**EXERCISE:**
Would you repeat exactly the part of the listing below that runs from the line containing "A → Result A" down to the line containing "f.get_provider_definition tick c.provider_slug)", inclusive, and nothing else?

**DATA FOR THE TASK:**

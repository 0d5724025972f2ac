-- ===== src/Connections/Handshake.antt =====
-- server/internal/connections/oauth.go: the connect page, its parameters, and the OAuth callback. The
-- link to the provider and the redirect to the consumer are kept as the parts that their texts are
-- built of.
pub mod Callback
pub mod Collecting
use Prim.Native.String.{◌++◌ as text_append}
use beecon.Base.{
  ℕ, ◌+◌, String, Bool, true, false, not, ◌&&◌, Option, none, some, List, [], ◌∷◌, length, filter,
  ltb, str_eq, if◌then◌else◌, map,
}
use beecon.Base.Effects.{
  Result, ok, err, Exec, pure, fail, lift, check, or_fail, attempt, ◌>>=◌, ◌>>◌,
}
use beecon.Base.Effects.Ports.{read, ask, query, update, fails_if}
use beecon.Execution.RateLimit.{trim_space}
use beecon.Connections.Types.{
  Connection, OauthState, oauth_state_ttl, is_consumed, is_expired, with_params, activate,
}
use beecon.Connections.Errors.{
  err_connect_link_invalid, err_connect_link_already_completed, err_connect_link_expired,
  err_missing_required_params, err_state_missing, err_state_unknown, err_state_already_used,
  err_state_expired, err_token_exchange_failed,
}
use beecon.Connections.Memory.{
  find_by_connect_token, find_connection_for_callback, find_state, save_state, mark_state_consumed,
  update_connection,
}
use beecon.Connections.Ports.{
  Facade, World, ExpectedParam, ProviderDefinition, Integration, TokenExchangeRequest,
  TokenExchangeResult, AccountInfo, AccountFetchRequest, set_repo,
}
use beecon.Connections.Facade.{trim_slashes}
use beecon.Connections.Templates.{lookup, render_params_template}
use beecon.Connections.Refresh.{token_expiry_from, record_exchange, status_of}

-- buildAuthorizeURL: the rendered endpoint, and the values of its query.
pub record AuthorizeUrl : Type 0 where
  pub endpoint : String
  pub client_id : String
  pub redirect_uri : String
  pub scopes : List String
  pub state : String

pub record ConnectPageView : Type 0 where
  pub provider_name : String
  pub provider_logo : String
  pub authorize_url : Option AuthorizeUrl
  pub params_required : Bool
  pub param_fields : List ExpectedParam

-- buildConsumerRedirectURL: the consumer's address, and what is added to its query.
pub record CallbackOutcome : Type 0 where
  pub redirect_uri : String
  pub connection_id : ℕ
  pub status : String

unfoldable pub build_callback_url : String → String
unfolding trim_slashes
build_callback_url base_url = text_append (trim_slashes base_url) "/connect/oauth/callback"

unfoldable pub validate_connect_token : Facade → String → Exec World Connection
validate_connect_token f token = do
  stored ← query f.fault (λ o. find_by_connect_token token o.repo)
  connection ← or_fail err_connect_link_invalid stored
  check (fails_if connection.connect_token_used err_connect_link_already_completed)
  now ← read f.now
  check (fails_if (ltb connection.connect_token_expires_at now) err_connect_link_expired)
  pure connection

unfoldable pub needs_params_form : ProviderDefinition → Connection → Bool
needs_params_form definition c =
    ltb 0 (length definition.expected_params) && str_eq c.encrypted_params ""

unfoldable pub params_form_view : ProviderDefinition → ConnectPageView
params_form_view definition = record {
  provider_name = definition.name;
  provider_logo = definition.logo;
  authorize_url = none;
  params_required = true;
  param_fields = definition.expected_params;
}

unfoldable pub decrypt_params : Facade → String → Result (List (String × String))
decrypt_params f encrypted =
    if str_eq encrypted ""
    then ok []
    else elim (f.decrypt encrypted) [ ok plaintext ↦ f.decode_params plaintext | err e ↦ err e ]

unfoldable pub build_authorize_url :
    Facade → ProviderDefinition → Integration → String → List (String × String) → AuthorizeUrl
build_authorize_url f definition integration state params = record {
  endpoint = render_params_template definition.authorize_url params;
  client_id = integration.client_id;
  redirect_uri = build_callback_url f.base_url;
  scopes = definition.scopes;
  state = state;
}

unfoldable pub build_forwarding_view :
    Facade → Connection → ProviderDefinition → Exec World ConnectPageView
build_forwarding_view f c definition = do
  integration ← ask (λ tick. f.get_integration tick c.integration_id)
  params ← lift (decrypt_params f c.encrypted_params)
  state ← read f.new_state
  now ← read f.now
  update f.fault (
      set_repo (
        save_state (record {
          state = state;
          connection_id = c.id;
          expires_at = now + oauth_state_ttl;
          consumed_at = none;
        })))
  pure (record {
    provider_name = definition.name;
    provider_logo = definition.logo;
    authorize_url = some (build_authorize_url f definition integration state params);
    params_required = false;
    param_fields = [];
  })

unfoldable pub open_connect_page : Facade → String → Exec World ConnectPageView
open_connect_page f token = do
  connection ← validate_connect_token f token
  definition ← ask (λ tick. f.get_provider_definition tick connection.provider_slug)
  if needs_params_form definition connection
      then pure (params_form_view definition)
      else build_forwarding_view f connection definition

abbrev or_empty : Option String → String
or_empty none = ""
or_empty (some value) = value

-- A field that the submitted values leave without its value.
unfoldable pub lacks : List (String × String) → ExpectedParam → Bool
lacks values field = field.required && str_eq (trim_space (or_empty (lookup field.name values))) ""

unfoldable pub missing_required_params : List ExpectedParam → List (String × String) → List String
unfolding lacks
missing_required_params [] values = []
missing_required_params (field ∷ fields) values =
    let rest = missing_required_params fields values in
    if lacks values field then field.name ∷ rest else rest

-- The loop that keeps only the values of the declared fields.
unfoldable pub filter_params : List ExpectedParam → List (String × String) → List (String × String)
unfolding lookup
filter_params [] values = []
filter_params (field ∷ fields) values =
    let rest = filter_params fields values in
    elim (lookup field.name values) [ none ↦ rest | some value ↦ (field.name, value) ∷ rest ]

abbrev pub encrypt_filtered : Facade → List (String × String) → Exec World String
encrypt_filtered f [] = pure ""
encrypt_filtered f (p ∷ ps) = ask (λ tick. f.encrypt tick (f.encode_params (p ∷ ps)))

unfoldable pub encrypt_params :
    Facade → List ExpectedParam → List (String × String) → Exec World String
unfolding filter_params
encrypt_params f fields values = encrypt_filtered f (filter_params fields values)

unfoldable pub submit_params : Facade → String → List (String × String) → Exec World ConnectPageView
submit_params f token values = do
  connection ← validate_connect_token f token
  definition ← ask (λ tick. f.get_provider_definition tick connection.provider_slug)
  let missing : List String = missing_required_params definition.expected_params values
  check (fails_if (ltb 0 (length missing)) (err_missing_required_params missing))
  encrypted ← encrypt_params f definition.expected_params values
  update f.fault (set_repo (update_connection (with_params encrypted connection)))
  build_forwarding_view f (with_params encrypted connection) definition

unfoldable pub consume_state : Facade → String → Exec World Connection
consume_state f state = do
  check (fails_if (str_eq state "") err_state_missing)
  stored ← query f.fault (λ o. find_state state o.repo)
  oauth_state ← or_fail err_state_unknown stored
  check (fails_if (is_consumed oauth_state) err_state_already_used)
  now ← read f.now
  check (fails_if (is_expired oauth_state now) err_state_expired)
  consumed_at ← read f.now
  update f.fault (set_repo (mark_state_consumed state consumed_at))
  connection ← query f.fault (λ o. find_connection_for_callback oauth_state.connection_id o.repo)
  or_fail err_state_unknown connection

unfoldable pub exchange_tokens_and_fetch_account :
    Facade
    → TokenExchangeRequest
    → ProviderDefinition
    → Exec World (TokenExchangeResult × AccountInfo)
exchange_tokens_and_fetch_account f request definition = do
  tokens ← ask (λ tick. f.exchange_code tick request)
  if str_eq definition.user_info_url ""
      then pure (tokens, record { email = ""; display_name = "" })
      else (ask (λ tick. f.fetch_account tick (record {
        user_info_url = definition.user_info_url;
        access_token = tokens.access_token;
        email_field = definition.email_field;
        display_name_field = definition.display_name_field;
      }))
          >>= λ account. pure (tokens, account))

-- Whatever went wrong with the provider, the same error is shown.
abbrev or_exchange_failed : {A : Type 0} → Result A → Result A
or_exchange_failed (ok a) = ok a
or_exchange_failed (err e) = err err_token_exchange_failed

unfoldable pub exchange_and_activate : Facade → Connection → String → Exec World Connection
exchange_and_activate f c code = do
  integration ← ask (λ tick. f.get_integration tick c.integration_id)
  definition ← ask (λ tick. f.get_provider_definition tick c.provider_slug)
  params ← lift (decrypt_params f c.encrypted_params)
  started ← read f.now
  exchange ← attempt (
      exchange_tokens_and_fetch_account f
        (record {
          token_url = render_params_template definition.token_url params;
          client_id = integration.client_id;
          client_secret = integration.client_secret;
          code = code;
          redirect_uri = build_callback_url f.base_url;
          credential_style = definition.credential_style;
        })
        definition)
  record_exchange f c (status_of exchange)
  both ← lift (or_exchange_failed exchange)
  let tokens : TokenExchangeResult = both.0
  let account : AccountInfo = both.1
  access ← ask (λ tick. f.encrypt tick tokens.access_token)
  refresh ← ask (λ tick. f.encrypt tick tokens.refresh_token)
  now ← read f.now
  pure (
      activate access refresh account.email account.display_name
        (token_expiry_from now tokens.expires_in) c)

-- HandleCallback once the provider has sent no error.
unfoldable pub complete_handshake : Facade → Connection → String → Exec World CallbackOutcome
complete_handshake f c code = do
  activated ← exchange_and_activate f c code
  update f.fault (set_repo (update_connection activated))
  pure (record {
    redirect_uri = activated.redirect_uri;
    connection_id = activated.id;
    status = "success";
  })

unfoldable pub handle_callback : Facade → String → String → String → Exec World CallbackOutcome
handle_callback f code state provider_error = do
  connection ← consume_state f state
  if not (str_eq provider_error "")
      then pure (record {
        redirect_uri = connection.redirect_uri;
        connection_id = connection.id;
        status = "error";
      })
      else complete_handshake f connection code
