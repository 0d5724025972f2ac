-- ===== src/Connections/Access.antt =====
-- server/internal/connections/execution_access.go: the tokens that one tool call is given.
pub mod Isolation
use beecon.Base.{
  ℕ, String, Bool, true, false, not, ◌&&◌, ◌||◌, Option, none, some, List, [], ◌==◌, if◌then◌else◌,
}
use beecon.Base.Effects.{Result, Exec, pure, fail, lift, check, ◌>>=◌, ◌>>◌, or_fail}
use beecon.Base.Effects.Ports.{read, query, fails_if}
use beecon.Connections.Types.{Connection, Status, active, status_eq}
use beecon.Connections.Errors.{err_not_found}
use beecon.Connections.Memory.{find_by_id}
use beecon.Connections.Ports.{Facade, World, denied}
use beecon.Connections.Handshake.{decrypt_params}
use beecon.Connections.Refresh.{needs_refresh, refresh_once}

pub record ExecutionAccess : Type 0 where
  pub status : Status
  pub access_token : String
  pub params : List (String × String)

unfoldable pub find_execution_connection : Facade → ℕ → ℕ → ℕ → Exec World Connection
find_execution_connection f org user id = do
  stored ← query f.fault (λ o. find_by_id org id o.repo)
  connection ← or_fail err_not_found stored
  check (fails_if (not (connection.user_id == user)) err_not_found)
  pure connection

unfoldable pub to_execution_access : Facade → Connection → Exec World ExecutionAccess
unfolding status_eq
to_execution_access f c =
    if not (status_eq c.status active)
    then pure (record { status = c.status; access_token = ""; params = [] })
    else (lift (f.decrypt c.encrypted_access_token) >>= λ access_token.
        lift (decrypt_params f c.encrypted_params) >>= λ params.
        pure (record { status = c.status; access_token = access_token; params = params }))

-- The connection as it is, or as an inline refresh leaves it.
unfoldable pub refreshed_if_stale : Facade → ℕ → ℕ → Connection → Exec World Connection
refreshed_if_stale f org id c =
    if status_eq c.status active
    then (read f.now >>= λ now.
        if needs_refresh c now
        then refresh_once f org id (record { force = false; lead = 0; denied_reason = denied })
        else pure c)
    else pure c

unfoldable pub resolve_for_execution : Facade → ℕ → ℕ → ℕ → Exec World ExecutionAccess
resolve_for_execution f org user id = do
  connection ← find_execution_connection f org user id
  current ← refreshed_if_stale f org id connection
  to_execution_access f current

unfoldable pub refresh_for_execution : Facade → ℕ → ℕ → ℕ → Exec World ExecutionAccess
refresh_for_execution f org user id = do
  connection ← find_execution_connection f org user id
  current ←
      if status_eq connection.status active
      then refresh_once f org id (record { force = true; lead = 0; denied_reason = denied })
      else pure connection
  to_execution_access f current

**ANSWER BOX:**
abbrev or_exchange_failed : {A : Type 0} → Result A → Result A
or_exchange_failed (ok a) = ok a
or_exchange_failed (err e) = err err_token_exchange_failed

unfoldable pub exchange_and_activate : Facade → Connection → String → Exec World Connection
exchange_and_activate f c code = do
  integration ← ask (λ tick. f.get_integration tick c.integration_id)
  definition ← ask (λ tick. f.get_provider_definition tick c.provider_slug)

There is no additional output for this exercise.